Rahm lined up his last three holes for a 5-under 65 on Friday. Cantlay birdied his last two holes for a bogey-free 66 to hold one stroke ahead.

It’s not really a two-man race for the FedEx Cup, with 36 holes yet to be played at East Lake, though that was a possibility. Bryson DeChambeau was the closest player, and his 67 lost field Friday. He was six shots behind.

“We definitely feed each other,” Rahm said. “And that’s probably why you’re seeing the difference in the scoreboard at the moment.”

Cantlay seem to be protecting a lead, often playing to the fat of the green. It was more a product of respect for an East Lake track that punishes even minor missions on the wrong side of the hole. He hit 16 of 18 greens, and only twice did he reach putties of about 5 feet.

“I play very well, and I think I play the golf course the right way,” Cantlay said.

Cantlay started the tour championship at 10 under par because he was the first number in the FedEx Cup. Rahm starts four shots back.

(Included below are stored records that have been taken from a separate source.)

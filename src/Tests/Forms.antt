-- ===== src/Tests/Forms.antt =====
-- The forms of comments, posts and replies, in small runs.
use undergroundbb.Base.{
  ◌≢◌, ◌⊎◌, ◌≡◌, refl, true, false, [], ◌∷◌, none, some, Text, codes, any, ◌===◌,
}
use undergroundbb.Screens.Distinct.{includes}
use undergroundbb.Screens.Comments.{
  ControlsState, ControlsEvent, initial_controls_state, next_controls_state,
}
use undergroundbb.Screens.CommentLaws.{is_editing, Reached, read_only_not_editing}
use undergroundbb.Screens.Posts.{
  PostControlMode, PostControlsState, PostControlsEvent, initial_post_controls_state,
  next_post_controls_state, sort_key_of, is_live_post, close_post_unless,
}
use undergroundbb.Screens.SavedEdits.{
  restored_comment_controls, restored_post_controls, snapshot_edits, edits_survive,
  CommentComesBack, PostComesBack,
}
use undergroundbb.Screens.Comments.{ControlMode}
use undergroundbb.Screens.Reply.{ReplyState, ReplyEvent, next_reply_state}
use undergroundbb.Screens.ReplyLaws.{sending_keeps, is_answer}

program : Unit {0}
unfolding includes any ◌===◌ initial_controls_state next_controls_state is_editing
    initial_post_controls_state next_post_controls_state sort_key_of is_live_post close_post_unless
    next_reply_state is_answer
program = tt

abbrev top : Text
top = codes "0001"

-- A comment is being edited when a write shows that the post is gone, and is then opened again.
abbrev opened_form : ControlsState
opened_form =
    next_controls_state initial_controls_state (ControlsEvent.edit_opened top (codes "text"))

abbrev turned : ControlsState
turned = next_controls_state opened_form (ControlsEvent.made_read_only none)

abbrev opened_again : ControlsState
opened_again = next_controls_state turned (ControlsEvent.edit_opened top (codes "text"))

first_is_editing : is_editing opened_form.mode ≡ true
unfolding program
first_is_editing = refl

is_read_only : opened_again.read_only ≡ true
unfolding program
is_read_only = refl

read_only_not_editing_example : is_editing opened_again.mode ≡ false
read_only_not_editing_example =
    read_only_not_editing opened_again
      (Reached.next
        (Reached.next
          (Reached.next Reached.initially (ControlsEvent.edit_opened top (codes "text")))
          (ControlsEvent.made_read_only none))
        (ControlsEvent.edit_opened top (codes "text")))
      is_read_only

abbrev asked : PostControlsState
asked = record {
  mode = PostControlMode.confirm_delete top;
  busy = false;
  error = none;
  gone = false;
}

still_open :
    sort_key_of (next_post_controls_state asked (PostControlsEvent.end_reached (top ∷ []))).mode
    ≡ some top
unfolding program
still_open = refl

abbrev form : ControlMode
form = ControlMode.editing top (codes "typed") (codes "text")

edits_survive_example :
    ((codes "post" ≡ codes "post")
      × CommentComesBack (some form) (
          restored_comment_controls
            (snapshot_edits (codes "post") (some form) asked.mode)
            (codes "post"))
      × PostComesBack asked.mode (
          restored_post_controls
            (snapshot_edits (codes "post") (some form) asked.mode)
            (codes "post")))
    ⊎ ((codes "post" ≢ codes "post")
        × (restored_comment_controls
              (snapshot_edits (codes "post") (some form) asked.mode)
              (codes "post")
            ≡ record {
              mode = ControlMode.idle;
              busy = false;
              error = none;
              gone = false;
              read_only = false;
            })
        × (restored_post_controls
              (snapshot_edits (codes "post") (some form) asked.mode)
              (codes "post")
            ≡ record { mode = PostControlMode.idle; busy = false; error = none; gone = false }))
edits_survive_example = edits_survive (codes "post") (codes "post") (some form) asked.mode

abbrev in_flight : ReplyState
in_flight = record {
  reply_to = some top;
  draft = codes "draft";
  sending = true;
  error = none;
  notice = none;
}

edit_is_no_answer : is_answer (ReplyEvent.edited (codes "other")) ≡ false
unfolding program
edit_is_no_answer = refl

sending_keeps_example :
    ((next_reply_state in_flight (ReplyEvent.edited (codes "other"))).draft ≡ codes "draft")
    × ((next_reply_state in_flight (ReplyEvent.edited (codes "other"))).reply_to ≡ some top)
    × ((next_reply_state in_flight (ReplyEvent.edited (codes "other"))).sending ≡ true)
sending_keeps_example =
    sending_keeps in_flight (ReplyEvent.edited (codes "other")) refl edit_is_no_answer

Asked if the idea was to take the lead, Rahm replied, “What other strategy is there?”

“Once we kick off, it doesn’t matter,” he said of the four-stroke deficit. “A lot of golf has to be played, even now.”

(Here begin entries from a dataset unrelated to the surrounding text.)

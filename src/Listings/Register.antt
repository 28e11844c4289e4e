-- ===== src/Listings/Register.antt =====
-- What the projector promises of one listing, apart from how it is stored: a register that holds
-- the facts of a version, for src/listings/adapters/workers/property_event_handler.py.
use estate_os_service.Base.{
  ℕ, Uuid, String, Time, ◌≡◌, refl, Bool, true, false, Option, none, some, List, ◌==◌, leb, inl,
  inr, if◌then◌else◌, arith, ap, sym, ◌∙◌, Bool-cases, Option-cases,
}
use estate_os_service.Exec.{Result, ok, err}
use estate_os_service.Dict.{lookup, erase, lookup-insert, lookup-erase}
use estate_os_service.Listings.Model.{
  PropertyListing, ListingPrice, ListingImage, ListingType, Typology, PropertyStatus, AgencyContact,
  Error,
}
use estate_os_service.Listings.Snapshot.{Snapshot}
use estate_os_service.Listings.Store.{Rows}
use estate_os_service.Listings.Projection.{
  projected, or_text, lowest_price, first_image, images_list, prices_list, upsert_from_event,
  delete_if_newer, is_stale, store_row,
}
use estate_os_service.Listings.Handlers.{
  PropertyEvent, property_created, property_updated, property_published, property_deleted,
  property_unpublished, World, Publisher, ListingEvent, listing_deleted, project_listing,
  drop_listing, handle_property_event, publish_listing_event, agency_of, after_upsert, after_delete,
}

-- The part of a row that one event decides.
pub record Facts : Type 0 where
  pub organization_id : Uuid
  pub title : String
  pub status : PropertyStatus
  pub listing_type : ListingType
  pub typology : Typology
  pub num_of_bedrooms : Option ℕ
  pub num_of_bathrooms : Option ℕ
  pub area_in_m2 : Option ℕ
  pub has_pool : Option Bool
  pub has_garden : Option Bool
  pub has_elevator : Option Bool
  pub min_price : Option ℕ
  pub first_image_s3_key : Option String
  pub description : Option String
  pub latitude : Option String
  pub longitude : Option String
  pub built_at : Option ℕ
  pub energy_rating : Option String
  pub floor : Option ℕ
  pub parking_spaces : Option ℕ
  pub images : List ListingImage
  pub prices : List ListingPrice

abbrev pub facts : PropertyListing → Facts
facts l = record {
  organization_id = l.organization_id;
  title = l.title;
  status = l.status;
  listing_type = l.listing_type;
  typology = l.typology;
  num_of_bedrooms = l.num_of_bedrooms;
  num_of_bathrooms = l.num_of_bathrooms;
  area_in_m2 = l.area_in_m2;
  has_pool = l.has_pool;
  has_garden = l.has_garden;
  has_elevator = l.has_elevator;
  min_price = l.min_price;
  first_image_s3_key = l.first_image_s3_key;
  description = l.description;
  latitude = l.latitude;
  longitude = l.longitude;
  built_at = l.built_at;
  energy_rating = l.energy_rating;
  floor = l.floor;
  parking_spaces = l.parking_spaces;
  images = l.images;
  prices = l.prices;
}

abbrev pub carried : Snapshot → List ListingPrice → Facts
carried snap prices = record {
  organization_id = snap.organization_id;
  title = or_text snap.title "Property";
  status = snap.status;
  listing_type = snap.listing_type;
  typology = snap.typology;
  num_of_bedrooms = snap.characteristics.num_of_bedrooms;
  num_of_bathrooms = snap.characteristics.num_of_bathrooms;
  area_in_m2 = snap.characteristics.area_in_m2;
  has_pool = snap.characteristics.has_pool;
  has_garden = snap.characteristics.has_garden;
  has_elevator = snap.characteristics.has_elevator;
  min_price = lowest_price none snap.prices;
  first_image_s3_key = first_image snap.images;
  description = snap.description;
  latitude = snap.latitude;
  longitude = snap.longitude;
  built_at = snap.characteristics.built_at;
  energy_rating = snap.characteristics.energy_rating;
  floor = snap.characteristics.floor;
  parking_spaces = snap.characteristics.parking_spaces;
  images = images_list snap.images;
  prices = prices;
}

abbrev pub Register : Type 0
Register = Option (ℕ × Facts)

abbrev pub view_row : Option PropertyListing → Register
view_row none = none
view_row (some l) = some (l.source_aggregate_version, facts l)

abbrev pub view : Uuid → World → Register
view i w = view_row (lookup i w.rows)

-- A version replaces an older one only.
abbrev pub keep_newer : Register → ℕ × Facts → Register
keep_newer none e = some e
keep_newer (some (v, f)) (u, g) = if leb u v then some (v, f) else some (u, g)

-- A deletion empties the register of an older version only.
abbrev pub clear_older : Register → ℕ → Register
clear_older none u = none
clear_older (some (v, f)) u = if leb u v then some (v, f) else none

-- What an upsert offers to the listing `i`: nothing, when it is about another or has a price that
-- cannot be read.
abbrev pub offered : Uuid → Snapshot → Result Error (List ListingPrice) → Option (ℕ × Facts)
offered i snap (err e) = none
offered i snap (ok ps) =
    if snap.id == i then some (snap.aggregate_version, carried snap ps) else none

abbrev pub offer : Uuid → PropertyEvent → Option (ℕ × Facts)
offer i (property_created snap at) = offered i snap (prices_list snap.prices)
offer i (property_updated snap at) = offered i snap (prices_list snap.prices)
offer i (property_published snap at) = offered i snap (prices_list snap.prices)
offer i (property_deleted j v at) = none
offer i (property_unpublished j v at) = none

abbrev pub accept : Register → Option (ℕ × Facts) → Register
accept r none = r
accept r (some e) = keep_newer r e

abbrev pub absorb : Uuid → PropertyEvent → Register → Register
absorb i (property_deleted j v at) r = if j == i then clear_older r v else r
absorb i (property_unpublished j v at) r = if j == i then clear_older r v else r
absorb i e r = accept r (offer i e)

publish-rows :
    (p : Publisher) (e : ListingEvent) (w : World) → (publish_listing_event p e w).rows ≡ w.rows
unfolding publish_listing_event
publish-rows none e w = refl
publish-rows (some publish) e w = ground arith

facts-projected :
    (snap : Snapshot) (at : Time) (agency : Option AgencyContact) (now : Time)
    (ps : List ListingPrice) (existing : Option PropertyListing)
    → view_row (some (projected snap at agency now ps existing))
      ≡ some (snap.aggregate_version, carried snap ps)
unfolding projected
facts-projected snap at agency now ps existing = refl

-- An upsert of a listing that is `o`, past the guard on versions.
store-view :
    (i : Uuid) (snap : Snapshot) (at : Time) (agency : Option AgencyContact) (now : Time)
    (o : Option PropertyListing) (rows : Rows) (r : Result Error (List ListingPrice))
    → lookup snap.id rows ≡ o
    → is_stale o snap.aggregate_version ≡ false
    → view_row (lookup i (store_row r (λ ps. projected snap at agency now ps o) snap.id rows).1)
      ≡ accept (view_row (lookup i rows)) (offered i snap r)
store-view i snap at agency now o rows (err x) e new = refl
store-view i snap at agency now none rows (ok ps) e new = ground (
  arith,
  lookup-insert snap.id i (projected snap at agency now ps none) rows,
  facts-projected snap at agency now ps none,
)
store-view i snap at agency now (some l) rows (ok ps) e new = ground (
  arith,
  lookup-insert snap.id i (projected snap at agency now ps (some l)) rows,
  facts-projected snap at agency now ps (some l),
)

stale-view :
    (i : Uuid) (snap : Snapshot) (l : PropertyListing) (rows : Rows)
    (r : Result Error (List ListingPrice))
    → lookup snap.id rows ≡ some l
    → is_stale (some l) snap.aggregate_version ≡ true
    → accept (view_row (lookup i rows)) (offered i snap r) ≡ view_row (lookup i rows)
stale-view i snap l rows (err x) e old = refl
stale-view i snap l rows (ok ps) e old = elim (Bool-cases (snap.id == i)) [
  | inl same ↦ ground arith
  | inr other ↦ rw other refl
]

upsert-view :
    (i : Uuid) (snap : Snapshot) (at : Time) (agency : Option AgencyContact) (now : Time)
    (rows : Rows)
    → view_row (lookup i (upsert_from_event snap at agency now rows).1)
      ≡ accept (view_row (lookup i rows)) (offered i snap (prices_list snap.prices))
unfolding upsert_from_event
upsert-view i snap at agency now rows =
    elim (Bool-cases (is_stale (lookup snap.id rows) snap.aggregate_version)) [
      | inl old ↦ elim (Option-cases (lookup snap.id rows)) [
        | inl e ↦ ground arith
        | inr (l, e) ↦ rw old (
            sym (
              stale-view i snap l rows (prices_list snap.prices) e
                (sym (ap (λ o. is_stale o snap.aggregate_version) e) ∙ old)))
      ]
      | inr new ↦ rw new (
          store-view i snap at agency now (lookup snap.id rows) rows (prices_list snap.prices) refl
            new)
    ]

pub after_upsert-rows :
    (p : Publisher) (snap : Snapshot) (r : Result Error (Option PropertyListing) × Rows)
    (sent : List ListingEvent)
    → (after_upsert p snap r sent).1.rows ≡ r.1
after_upsert-rows p snap (err e, rows) sent = refl
after_upsert-rows p snap (ok none, rows) sent = refl
after_upsert-rows p snap (ok (some row), rows) sent = publish-rows p _ _ ∙ publish-rows p _ _

pub after_delete-rows :
    (p : Publisher) (k : Uuid) (r : Bool × Rows) (sent : List ListingEvent)
    → (after_delete p k r sent).rows ≡ r.1
after_delete-rows p k (true, rows) sent = publish-rows p _ _
after_delete-rows p k (false, rows) sent = refl

project-view :
    (p : Publisher) (g : Option (Uuid → Option AgencyContact)) (i : Uuid) (snap : Snapshot)
    (at now : Time) (w : World)
    → view i (project_listing p g snap at now w).1
      ≡ accept (view i w) (offered i snap (prices_list snap.prices))
unfolding project_listing
project-view p g i snap at now w =
    let r = upsert_from_event snap at (agency_of g snap.organization_id) now w.rows in
    ap (λ rows. view_row (lookup i rows)) (after_upsert-rows p snap r w.published)
    ∙ upsert-view i snap at (agency_of g snap.organization_id) now w.rows

drop-view :
    (p : Publisher) (i j : Uuid) (v : ℕ) (w : World)
    → view i (drop_listing p j v w).1 ≡ (if j == i then clear_older (view i w) v else view i w)
unfolding drop_listing delete_if_newer
drop-view p i j v w = elim (Option-cases (lookup j w.rows)) [
  | inl e ↦ ground (arith, e)
  | inr (l, e) ↦ elim (Bool-cases (leb v l.source_aggregate_version)) [
    | inl old ↦ ground (arith, e)
    | inr new ↦ ground (
      arith,
      e,
      lookup-erase j i w.rows,
      publish-rows p (listing_deleted j)
          (record { rows = erase j w.rows; published = w.published }),
    )
  ]
]

-- Handling an event changes the register of each listing as the version of the event says, whatever
-- the publisher, the agency lookup and the clock do.
pub handle_property_event-view :
    (p : Publisher) (g : Option (Uuid → Option AgencyContact)) (e : PropertyEvent) (now : Time)
    (i : Uuid) (w : World)
    → view i (handle_property_event p g e now w).1 ≡ absorb i e (view i w)
unfolding handle_property_event
handle_property_event-view p g (property_created snap at) now i w = project-view p g i snap at now w
handle_property_event-view p g (property_updated snap at) now i w = project-view p g i snap at now w
handle_property_event-view p g (property_published snap at) now i w =
    project-view p g i snap at now w
handle_property_event-view p g (property_deleted j v at) now i w = drop-view p i j v w
handle_property_event-view p g (property_unpublished j v at) now i w = drop-view p i j v w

The reason for Cantlay’s advantage before the tournament was in Caves Valley last week.

Cantlay and Rahm played alongside DeChambeau in the final triathlon and entered the BMW Championship this weekend. Cantlay finished 66-66 and won in a playoff game. Rahm closes with 70-70 and finishes for ninth place, falling to the number 4 seed.

It seems like a long time ago now.

The touring championship feels somewhat normal.

Cantlay was at 17 under. He and Rahm will be in the last group again.

DeChambeau has more work to do, just like Justin Thomas, who made two bogeys and failed to bird the par-5 18th in his round of 67. He was seven behind.

” A place like this, there’s not really a lead that is safe on how hard it can play, ” Thomas said. “But at the end of the day, I can ‘t worry about what the other guys are doing. I just have to go out and try to make some birdies and stop making mistakes.”

Harris Engels made his mistakes with five bogeys in his round of 69, which left him in the big group at 9 under.

So too Jordan Spieth. He was working on his fourth straight birdie to get into the mix, with a 10-foot hole on the 13th hole. He lost three putts, lost momentum and a 67. Spieth, Rory McIlroy (66) and Louis Oosthuizen (67) was at 8 under.

The low scores of the first FedEx Cup playoffs, at rain-soaked Liberty Natitonal and Caves Valley, are over, with players on every lane having a putt at 59. The best anyone on East Lake, still slightly gentle from rain and light breezes, was a 65.

So it’s harder for players to make up a lot of ground unless the leaders come back, and there’s little indication that Cantlay and Rahm are going to do that.

Cantlay watched the birdie a lot and did not hear many calls from “Patty Ice” because not many of the wells went in. He climbs up and down a bunker on the par-5 sixth. His wedge in the 13th turns back to an inch from the cup.

Rahm took a 35-foot shot from the green on the 13th, with a bad drive back to the right on the next hole and closed the gap to a shot with a 10-foot birdie on the 16th.

The last two holes felt like a duel, even for a lazy Friday afternoon.

Rahm throws in a 25-foot birdie on the 17th, and Cantlay passes his 15-foot birdie, the first time he has made a putt longer than 5 feet all day.

On the locker hole, Rahm jumps out of the front bunker to reach the range. Cantlay chopped down the slope and with the grain – one of the few times he was out of position – and watched it run 8 feet down the hole. He made it to regain the lead.

“If you have someone like him who played a round with very few errors – you could argue that it could have been much lower – it just motivates me to do a little better,” Rahm said. ‘Although I want to focus on myself, you know he will not stop, and he still keeps it in the fairway and on the green and in the fairway and on the green.

“It can increase your level of play a little bit,” he said, “as well as increase his level when I make birds.”